PDF Splitter
Description
PDF Splitter is an application, that serves to divide the document into smaller PDF documents, based on certain rules. It find use mainly in cases, when it comes to documents generated by the reporting tool and is therefore not possible to determine, on which side starts a new document. In order not to be separate documents one by one, the application requires as input the directory containing the documents for distribution. The parts are stored in the destination directory and their names are generated based on the specified format.
The user interface is clear and gives the user the possibility of store (imposing) and load settings and test the specified pattern.
Searching text
Text is searching by comparing the actual text with searching pattern. Patern is a regular expression (regex). Patterns of search separators and texts, on which to generate the file names, are therefore regular expressions, that define how the text should look like. On the Internet you can find many articles on regular expressions and how they write.
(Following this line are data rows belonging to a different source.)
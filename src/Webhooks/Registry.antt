-- ===== src/Webhooks/Registry.antt =====
-- platform/webhooks/handler-registry.ts, over a type H of headers and a type J of parsed payloads.
use openzigs_social.Prelude.{
  ℕ, String, Bool, true, false, Option, none, some, List, map, not, if◌then◌else◌,
}
use openzigs_social.Prelude.Maps as Maps
use openzigs_social.Effects.{Result, ok, err, Exec}

pub record WebhookEvent (H J : Type 0) : Type 0 where
  pub platform : String
  pub event_id : Option String
  pub payload : J
  pub headers : H
  pub raw_body : String

-- A connector's handler. Each of its methods may throw; what `handle` does depends on the time.
pub record WebhookHandler (H J : Type 0) : Type 0 where
  pub platform : String
  pub verify : String → H → Result String Bool
  pub extract_event_id : Option (J → H → Result String (Option String))
  pub handle : ℕ → WebhookEvent H J → Result String (Unit {0})

-- The functions of the JavaScript runtime that the code calls: `toLowerCase`, the test of
-- PLATFORM_RE, and `JSON.parse` of a text, which is missing where it throws.
pub record Runtime (J : Type 0) : Type 0 where
  pub to_lower_case : String → String
  pub test_platform_re : String → Bool
  pub parse_json : String → Option J
  pub empty_object : J

pub data RegistryError : Type 0 where
  invalid_platform_key : String → RegistryError
  already_registered : String → RegistryError

abbrev pub Handlers : Type 0 → Type 0 → Type 0
Handlers H J = List (String × WebhookHandler H J)

abbrev pub platforms : {H J : Type 0} → Handlers H J → List String
platforms m = map (λ e. e.0) m

module _ {H J : Type 0} (js : Runtime J) where
  abbrev pub has : String → Handlers H J → Bool
  has platform m = elim (Maps.get (js.to_lower_case platform) m) [ none ↦ false | some h ↦ true ]

  unfoldable pub register : WebhookHandler H J → Exec (Handlers H J) RegistryError (Unit {0})
  register h m =
      let platform = js.to_lower_case h.platform in
      if not (js.test_platform_re platform)
      then (err (invalid_platform_key h.platform), m)
      else if has platform m
      then (err (already_registered platform), m)
      else (ok tt, Maps.set platform h m)

  unfoldable pub get : String → Handlers H J → Option (WebhookHandler H J)
  get platform m = Maps.get (js.to_lower_case platform) m
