-- ===== src/Cache/Invariant.antt =====
-- The cache over time: its methods as steps from a new cache, in any order, at any times and with any
-- arguments, and what then holds of every entry.
use zdns.Prelude.{
  ℕ, ◌≡◌, refl, sym, ap, ◌∙◌, Bool, true, false, Option, some, List, [], ◌∷◌, arith, All, inl, inr,
  Option-cases, Bool-cases, Text,
}
use mathlib.Core.Path.{subst}
use zdns.Records.{Question, Answer, AnyAnswer, base_ans, SingleQueryResult, type_ns, class_inet}
use zdns.Records.NameServers.{NameServer, show_name_server}
use zdns.Cache.Build.{
  CachedKey, TimedAnswer, CachedResult, is_bogus, build_section, build_cached_result,
  is_cacheable_type, CachedKey-discrete, delegation_records, CacheRead,
}
use zdns.Cache.{
  Cache, init, get_cached_result, get_cached_results, get_cached_authority, safe_add_cached_answer,
  safe_add_cached_authority,
}
use zdns.Cache.Valid.{key_of, IsValid, holds, init-IsValid}
use zdns.Cache.Read.{get_cached_result_lem}
use zdns.Cache.Write.{safe_add_cached_answer_sound, safe_add_cached_answer_bogus}
use zdns.Cache.Referral.{
  IsOfReferral, ds_key, ns_key, ds_entry, ns_entry, safe_add_cached_authority_sound,
  safe_add_cached_authority_bogus,
}

-- a record of a type that may be stored
abbrev pub IsCacheable : TimedAnswer → Type 0
IsCacheable t = (a : Answer) × (base_ans t.answer ≡ some a) × (is_cacheable_type a ≡ true)

-- what every entry is
pub record IsEntry (k : CachedKey) (r : CachedResult) : Type 0 where
  pub not_bogus : is_bogus r.dnssec_result ≡ false
  pub answers : All IsCacheable r.answers
  pub authorities : All IsCacheable r.authorities
  pub additionals : All IsCacheable r.additionals
  pub referral : k.is_authority ≡ true → (r.answers ≡ []) × (k.question.type ≡ type_ns)

build_section-IsCacheable : (t : ℕ) (xs : List AnyAnswer) → All IsCacheable (build_section t xs)
unfolding build_section
build_section-IsCacheable t [] = tt
build_section-IsCacheable t (x ∷ xs) = elim (Option-cases (base_ans x)) [
  | inl e ↦ ground (arith, build_section-IsCacheable t xs)
  | inr (a, e) ↦ elim (Bool-cases (is_cacheable_type a)) [
    | inl c ↦ ground (arith, build_section-IsCacheable t xs)
    | inr c ↦ ground (arith, build_section-IsCacheable t xs)
  ]
]

build-IsEntry :
    (t : ℕ) (res : SingleQueryResult) (k : CachedKey)
    → is_bogus res.dnssec_result ≡ false
    → (k.is_authority ≡ true → (res.answers ≡ []) × (k.question.type ≡ type_ns))
    → IsEntry k (build_cached_result t res)
unfolding build_cached_result build_section
build-IsEntry t res k b referral = record {
  not_bogus = b;
  answers = build_section-IsCacheable t res.answers;
  authorities = build_section-IsCacheable t res.authorities;
  additionals = build_section-IsCacheable t res.additionals;
  referral = λ q. (ap (build_section t) (referral q).0, (referral q).1);
}

IsEntry-cong : (j k : CachedKey) (w r : CachedResult) → j ≡ k → w ≡ r → IsEntry k r → IsEntry j w
IsEntry-cong j k w r p q h = subst (λ x. IsEntry x w) (sym p) (subst (IsEntry k) (sym q) h)

IsOfReferral-IsEntry :
    (t : ℕ) (given : SingleQueryResult) (n shown : Text) (j : CachedKey) (w : CachedResult)
    → is_bogus given.dnssec_result ≡ false
    → IsOfReferral t given n shown j w
    → IsEntry j w
unfolding is_bogus
IsOfReferral-IsEntry t given n shown j w b (inl (p, q)) =
    IsEntry-cong j (ds_key n shown) w (ds_entry t given (delegation_records given.authorities)) p q
      (build-IsEntry t _ (ds_key n shown) refl (λ f. absurd cc))
IsOfReferral-IsEntry t given n shown j w b (inr (p, q)) =
    IsEntry-cong j (ns_key n shown) w (ns_entry t given) p q
      (build-IsEntry t _ (ns_key n shown) b (λ _. (refl, refl)))

module _ (ip_string : List ℕ → Text) (hash : CachedKey → ℕ) where
  -- the calls that return, each from one state to the next
  pub data Step (s s' : Cache) : Type 0 where
    answer :
        (now : ℕ) (q : Question) (res : SingleQueryResult) (ns : Option NameServer) (layer : Text)
        (cna : Bool)
        → safe_add_cached_answer ip_string hash now s q res ns layer cna ≡ some s'
        → Step s s'
    authority :
        (now : ℕ) (res res' : SingleQueryResult) (ns : Option NameServer) (layer : Text)
        → safe_add_cached_authority ip_string hash now s res ns layer ≡ some (s', res')
        → Step s s'
    read_results :
        (now : ℕ) (q : Question) (ns : Option NameServer) (res : Option SingleQueryResult)
        (found : Bool)
        → get_cached_results ip_string hash now s q ns ≡ some (s', res, found)
        → Step s s'
    read_authority :
        (now : ℕ) (name : Text) (ns : Option NameServer) (res : Option SingleQueryResult)
        (found : Bool)
        → get_cached_authority ip_string hash now s name ns ≡ some (s', res, found)
        → Step s s'

  pub data Reach (size : ℕ) : Cache → Type 0 where
    start : (s : Cache) → init size ≡ some s → Reach size s
    next : (s s' : Cache) → Reach size s → Step s s' → Reach size s'

  pub record IsSound (s : Cache) : Type 0 where
    pub valid : IsValid hash s
    pub entries : (j : CachedKey) (w : CachedResult) → holds hash s j ≡ some w → IsEntry j w

  read-IsSound :
      (now : ℕ) (s s' : Cache) (q : Question) (ns : Option NameServer) (auth : Bool) (r : CacheRead)
      → IsSound s
      → get_cached_result ip_string hash now s q ns auth ≡ some (s', r)
      → IsSound s'
  read-IsSound now s s' q ns auth r h e =
      let key = key_of q (show_name_server ip_string ns) auth in
      let (s1, got, v, others, _, before) =
        get_cached_result_lem ip_string hash now s q ns auth h.valid in
      let same : s1 ≡ s' = cc in
      subst IsSound same (record {
        valid = v;
        entries = λ j w held. elim (CachedKey-discrete j key) [
          | yes p ↦
              h.entries j w (ap (holds hash s) p ∙ before w (ap (holds hash s1) (sym p) ∙ held))
          | no p ↦ h.entries j w (sym (others j p) ∙ held)
        ];
      })

  answer-IsSound :
      (now : ℕ) (s s' : Cache) (q : Question) (res : SingleQueryResult) (ns : Option NameServer)
      (layer : Text) (cna : Bool)
      → IsSound s
      → is_bogus res.dnssec_result ≡ false
      → safe_add_cached_answer ip_string hash now s q res ns layer cna ≡ some s'
      → IsSound s'
  answer-IsSound now s s' q res ns layer cna h b e =
      let (s1, got, v, old) =
        safe_add_cached_answer_sound ip_string hash now s q res ns layer cna h.valid b in
      let same : s1 ≡ s' = cc in
      subst IsSound same (record {
        valid = v;
        entries = λ j w held. elim (old j w held) [
          | inl g ↦ h.entries j w g
          | inr (p, r, _) ↦
              IsEntry-cong j (key_of q (show_name_server ip_string ns) false) w
                (build_cached_result now res) p r (build-IsEntry now res _ b (λ f. absurd cc))
        ];
      })

  authority-IsSound :
      (now : ℕ) (s s' : Cache) (res res' : SingleQueryResult) (ns : Option NameServer)
      (layer : Text)
      → IsSound s
      → is_bogus res.dnssec_result ≡ false
      → safe_add_cached_authority ip_string hash now s res ns layer ≡ some (s', res')
      → IsSound s'
  authority-IsSound now s s' res res' ns layer h b e =
      let (s1, got, v, old) =
        safe_add_cached_authority_sound ip_string hash now s res ns layer h.valid b in
      let same : s1 ≡ s' = cc in
      subst IsSound same (record {
        valid = v;
        entries = λ j w held. elim (old j w held) [
          | inl g ↦ h.entries j w g
          | inr (n, _, _, r) ↦
              IsOfReferral-IsEntry now res n (show_name_server ip_string ns) j w b r
        ];
      })

  Step-IsSound : (s s' : Cache) → IsSound s → Step s s' → IsSound s'
  unfolding get_cached_results get_cached_authority
  Step-IsSound s s' h (answer now q res ns layer cna e) =
      elim (Bool-cases (is_bogus res.dnssec_result)) [
        | inl b ↦
            absurd (
              ground
                (arith, safe_add_cached_answer_bogus ip_string hash now s q res ns layer cna b))
        | inr b ↦ answer-IsSound now s s' q res ns layer cna h b e
      ]
  Step-IsSound s s' h (authority now res res' ns layer e) =
      elim (Bool-cases (is_bogus res.dnssec_result)) [
        | inl b ↦
            absurd
              (ground (arith, safe_add_cached_authority_bogus ip_string hash now s res ns layer b))
        | inr b ↦ authority-IsSound now s s' res res' ns layer h b e
      ]
  Step-IsSound s s' h (read_results now q ns res found e) =
      elim (Option-cases (get_cached_result ip_string hash now s q ns false)) [
        | inl f ↦ absurd (ground arith)
        | inr ((s1, r), f) ↦
            let same : s1 ≡ s' = ground arith in
            read-IsSound now s s' q ns false r h (f ∙ ap (λ x. some (x, r)) same)
      ]
  Step-IsSound s s' h (read_authority now name ns res found e) =
      let q : Question = record { type = type_ns; class = class_inet; name = name } in
      elim (Option-cases (get_cached_result ip_string hash now s q ns true)) [
        | inl f ↦ absurd (ground arith)
        | inr ((s1, r), f) ↦
            let same : s1 ≡ s' = ground arith in
            read-IsSound now s s' q ns true r h (f ∙ ap (λ x. some (x, r)) same)
      ]

  -- In every state that calls reach from a new cache of any size, the cache is valid and each of its
  -- entries has only records of the types that may be stored, is not bogus and, if it is that of an
  -- authority, has no answers and the type NS.
  pub Reach-IsSound : (size : ℕ) (s : Cache) → Reach size s → IsSound s
  Reach-IsSound size s (start _ e) =
      let (s1, made, v, empty) = init-IsValid hash size in
      let same : s1 ≡ s = cc in
      subst IsSound same
        (record { valid = v; entries = λ j w held. absurd (let f = empty j in cc) })
  Reach-IsSound size s' (next s _ r step) = Step-IsSound s s' (Reach-IsSound size s r) step
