-- ===== src/Cache/Kept.antt =====
-- What all records of the cache of src/zdns/cache.go keep: predicates on the records of the answers and
-- of the authorities, through the methods of the cache.
use zdns.Prelude.{
  ℕ, ◌≡◌, ◌≢◌, refl, sym, ap, ◌∙◌, Bool, true, false, ◌&&◌, Option, none, some, List, [], ◌∷◌,
  arith, All, if◌then◌else◌, inl, inr, Bool-cases, Option-cases, Text, ltb,
}
use mathlib.Core.Path.{subst}
use zdns.Records.{
  Question, AnyAnswer, base_ans, SingleQueryResult, type_ns, class_inet, empty_result,
}
use zdns.Records.NameServers.{NameServer, show_name_server}
use zdns.Cache.Build.{
  CachedKey, CachedKey-discrete, TimedAnswer, CachedResult, is_bogus, build_section,
  build_cached_result, is_cacheable_type, is_delegation_record, delegation_records, other_records,
  unexpired, live_result, is_nil,
}
use zdns.Cache.{
  Cache, get_cached_results, get_cached_authority, safe_add_cached_answer,
  safe_add_cached_authority,
}
use zdns.Cache.Valid.{key_of, IsValid, holds}
use zdns.Cache.Read.{contents, stored, answer_of, get_cached_result_lem}
use zdns.Cache.Write.{safe_add_cached_answer_sound}
use zdns.Cache.Referral.{IsOfReferral, safe_add_cached_authority_sound}

module _ (P Q : AnyAnswer → Type 0) where
  -- the records of the answers and of the authorities are as told
  abbrev pub IsGood : SingleQueryResult → Type 0
  IsGood res = All P res.answers × All Q res.authorities

  abbrev pub IsGoodResult : Option SingleQueryResult → Type 0
  IsGoodResult none = Unit
  IsGoodResult (some res) = IsGood res

  pub IsGoodResult-all :
      (o : Option SingleQueryResult)
      → ((res : SingleQueryResult) → o ≡ some res → IsGood res)
      → IsGoodResult o
  IsGoodResult-all none h = tt
  IsGoodResult-all (some res) h = h res refl

  abbrev pub HasGoodEntries : (CachedKey → ℕ) → Cache → Type 0
  HasGoodEntries hash s =
      (j : CachedKey) (w : CachedResult) → holds hash s j ≡ some w → IsGood (stored w)

  build_section-All :
      (R : AnyAnswer → Type 0) (t : ℕ) (xs : List AnyAnswer)
      → All R xs
      → All R (contents (build_section t xs))
  unfolding build_section
  build_section-All R t [] h = tt
  build_section-All R t (x ∷ xs) (h, hs) =
      let rest = build_section-All R t xs hs in
      elim (Option-cases (base_ans x)) [
        | inl e ↦ rw (build_section, e) rest
        | inr (a, e) ↦ elim (Bool-cases (is_cacheable_type a)) [
          | inl c ↦ rw (build_section, e, c) (h, rest)
          | inr c ↦ rw (build_section, e, c) rest
        ]
      ]

  unexpired-All :
      (R : AnyAnswer → Type 0) (now : ℕ) (ts : List TimedAnswer)
      → All R (contents ts)
      → All R (unexpired now ts).0
  unfolding unexpired
  unexpired-All R now [] h = tt
  unexpired-All R now (t ∷ ts) (h, hs) =
      let rest = unexpired-All R now ts hs in
      elim (Bool-cases (ltb t.expires_at now)) [
        | inl e ↦ rw (unexpired, e) rest
        | inr e ↦ rw (unexpired, e) (h, rest)
      ]

  delegation_records-All : (xs : List AnyAnswer) → All Q xs → All Q (delegation_records xs)
  unfolding delegation_records
  delegation_records-All [] h = tt
  delegation_records-All (x ∷ xs) (h, hs) = elim (Bool-cases (is_delegation_record x)) [
    | inl e ↦ rw (delegation_records, e) (h, delegation_records-All xs hs)
    | inr e ↦ rw (delegation_records, e) (delegation_records-All xs hs)
  ]

  other_records-All : (xs : List AnyAnswer) → All Q xs → All Q (other_records xs)
  unfolding other_records
  other_records-All [] h = tt
  other_records-All (x ∷ xs) (h, hs) = elim (Bool-cases (is_delegation_record x)) [
    | inl e ↦ rw (other_records, e) (other_records-All xs hs)
    | inr e ↦ rw (other_records, e) (h, other_records-All xs hs)
  ]

  build_cached_result-IsGood :
      (t : ℕ) (res : SingleQueryResult) → IsGood res → IsGood (stored (build_cached_result t res))
  unfolding build_cached_result
  build_cached_result-IsGood t res (p, q) =
      (build_section-All P t res.answers p, build_section-All Q t res.authorities q)

  IsOfReferral-IsGood :
      (t : ℕ) (given : SingleQueryResult) (n shown : Text) (j : CachedKey) (w : CachedResult)
      → IsGood given
      → IsOfReferral t given n shown j w
      → IsGood (stored w)
  IsOfReferral-IsGood t given n shown j w (_, q) (inl (_, e)) =
      subst (λ x. IsGood (stored x)) (sym e)
        (build_cached_result-IsGood t _ (tt, delegation_records-All given.authorities q))
  IsOfReferral-IsGood t given n shown j w (_, q) (inr (_, e)) =
      subst (λ x. IsGood (stored x)) (sym e)
        (build_cached_result-IsGood t _ (tt, other_records-All given.authorities q))

  answer_of-IsGood :
      (now : ℕ) (resolver : Text) (o : Option CachedResult)
      → ((w : CachedResult) → o ≡ some w → IsGood (stored w))
      → (res : SingleQueryResult) → (answer_of now resolver o).retv ≡ some res
      → IsGood res
  unfolding live_result
  answer_of-IsGood now resolver none h res e =
      let same : record empty_result { resolver = resolver } ≡ res = cc in
      subst IsGood same (tt, tt)
  answer_of-IsGood now resolver (some w) h res e =
      let (p, q) = h w refl in
      let live = (live_result now w).0 in
      elim (Bool-cases
        (is_nil live.answers && is_nil live.authorities && is_nil live.additionals)) [
          | inl n ↦ absurd (ground (arith, e, n))
          | inr n ↦
              let same : live ≡ res = ground (arith, e, n) in
              subst IsGood same
                (unexpired-All P now w.answers p, unexpired-All Q now w.authorities q)
        ]

  module _ (ip_string : List ℕ → Text) (hash : CachedKey → ℕ) (now : ℕ) (s : Cache)
      (ns : Option NameServer) (valid : IsValid hash s) (good : HasGoodEntries hash s) where
    -- what a read leaves, and what it returns
    abbrev pub ReadsGood : Option (Cache × Option SingleQueryResult × Bool) → Type 0
    ReadsGood m =
        (s' : Cache) (o : Option SingleQueryResult) (found : Bool)
        → m ≡ some (s', o, found)
        → HasGoodEntries hash s' × ((res : SingleQueryResult) → o ≡ some res → IsGood res)

    whole_or_none-IsGood :
        (q : Question) (is_authority : Bool) (s1 : Cache)
        → HasGoodEntries hash s1
        → (let read =
              answer_of now
                (show_name_server ip_string ns)
                (holds hash s (key_of q (show_name_server ip_string ns) is_authority)) in
            ReadsGood (
              if read.partially_expired
              then some (s1, none, false)
              else some (s1, read.retv, read.is_found)))
    whole_or_none-IsGood q is_authority s1 kept s' o found e =
        let key = key_of q (show_name_server ip_string ns) is_authority in
        let read = answer_of now (show_name_server ip_string ns) (holds hash s key) in
        elim (Bool-cases read.partially_expired) [
          | inl x ↦
              let same : s1 ≡ s' = ground (arith, e, x) in
              let nothing : o ≡ none = ground (arith, e, x) in
              (subst (HasGoodEntries hash) same kept, λ res f. absurd cc)
          | inr x ↦
              let same : s1 ≡ s' = ground (arith, e, x) in
              let got : read.retv ≡ o = ground (arith, e, x) in
              (
                subst (HasGoodEntries hash) same kept,
                λ res f.
                    answer_of-IsGood now (show_name_server ip_string ns) (holds hash s key)
                      (λ w h. good key w h) res (got ∙ f),
              )
        ]

    read-HasGoodEntries :
        (q : Question) (is_authority : Bool) (s1 : Cache)
        → ((j : CachedKey)
            → j ≢ key_of q (show_name_server ip_string ns) is_authority
            → holds hash s1 j ≡ holds hash s j)
        → ((w : CachedResult)
            → holds hash s1 (key_of q (show_name_server ip_string ns) is_authority) ≡ some w
            → holds hash s (key_of q (show_name_server ip_string ns) is_authority) ≡ some w)
        → HasGoodEntries hash s1
    read-HasGoodEntries q is_authority s1 others before j w held =
        elim (CachedKey-discrete j (key_of q (show_name_server ip_string ns) is_authority)) [
          | yes p ↦ good j w (ap (holds hash s) p ∙ before w (ap (holds hash s1) (sym p) ∙ held))
          | no p ↦ good j w (sym (others j p) ∙ held)
        ]

    pub get_cached_results-IsGood :
        (q : Question) → ReadsGood (get_cached_results ip_string hash now s q ns)
    unfolding get_cached_results
    get_cached_results-IsGood q s' o found e =
        let (s1, got, _, others, _, before) =
          get_cached_result_lem ip_string hash now s q ns false valid in
        whole_or_none-IsGood q false s1 (read-HasGoodEntries q false s1 others before) s' o found
          (sym (rw got refl) ∙ e)

    pub get_cached_authority-IsGood :
        (name : Text) → ReadsGood (get_cached_authority ip_string hash now s name ns)
    unfolding get_cached_authority
    get_cached_authority-IsGood name s' o found e =
        let q : Question = record { type = type_ns; class = class_inet; name = name } in
        let (s1, got, _, others, _, before) =
          get_cached_result_lem ip_string hash now s q ns true valid in
        whole_or_none-IsGood q true s1 (read-HasGoodEntries q true s1 others before) s' o found
          (sym (rw got refl) ∙ e)

    pub safe_add_cached_answer-HasGoodEntries :
        (s' : Cache) (q : Question) (res : SingleQueryResult) (layer : Text) (cna : Bool)
        → is_bogus res.dnssec_result ≡ false
        → IsGood res
        → safe_add_cached_answer ip_string hash now s q res ns layer cna ≡ some s'
        → HasGoodEntries hash s'
    safe_add_cached_answer-HasGoodEntries s' q res layer cna b g e =
        let (s1, got, _, old) =
          safe_add_cached_answer_sound ip_string hash now s q res ns layer cna valid b in
        let same : s1 ≡ s' = cc in
        subst (HasGoodEntries hash) same (λ j w held. elim (old j w held) [
          | inl h ↦ good j w h
          | inr (_, r, _) ↦
              subst (λ x. IsGood (stored x)) (sym r) (build_cached_result-IsGood now res g)
        ])

    pub safe_add_cached_authority-HasGoodEntries :
        (s' : Cache) (res res' : SingleQueryResult) (layer : Text)
        → is_bogus res.dnssec_result ≡ false
        → IsGood res
        → safe_add_cached_authority ip_string hash now s res ns layer ≡ some (s', res')
        → HasGoodEntries hash s'
    safe_add_cached_authority-HasGoodEntries s' res res' layer b g e =
        let (s1, got, _, old) =
          safe_add_cached_authority_sound ip_string hash now s res ns layer valid b in
        let same : s1 ≡ s' = cc in
        subst (HasGoodEntries hash) same (λ j w held. elim (old j w held) [
          | inl h ↦ good j w h
          | inr (n, _, _, r) ↦ IsOfReferral-IsGood now res n (show_name_server ip_string ns) j w g r
        ])

-- what all records are
abbrev pub AnyRecord : AnyAnswer → Type 0
AnyRecord x = Unit

All-any : (xs : List AnyAnswer) → All AnyRecord xs
All-any [] = tt
All-any (x ∷ xs) = (tt, All-any xs)

pub IsGood-any : (res : SingleQueryResult) → IsGood AnyRecord AnyRecord res
IsGood-any res = (All-any res.answers, All-any res.authorities)

pub IsGoodResult-any : (o : Option SingleQueryResult) → IsGoodResult AnyRecord AnyRecord o
IsGoodResult-any none = tt
IsGoodResult-any (some res) = IsGood-any res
Entering the actual text in the “Test text” and press the “Test” is possible to determine, whether a pattern is correctly written. Recommended in the field “Test text” enter a single line of the original text, seeing that searching is in progress by lines, and in a regular expression is possible to define inter alia the beginning and / or end of text too.
Determination of the position of text on page
Sometimes it is difficult or even impossible to specify a suitable pattern, because of the parts of text matching with pattern in the document appear in large numbers and it is not always necessary to divide document by this occurrence .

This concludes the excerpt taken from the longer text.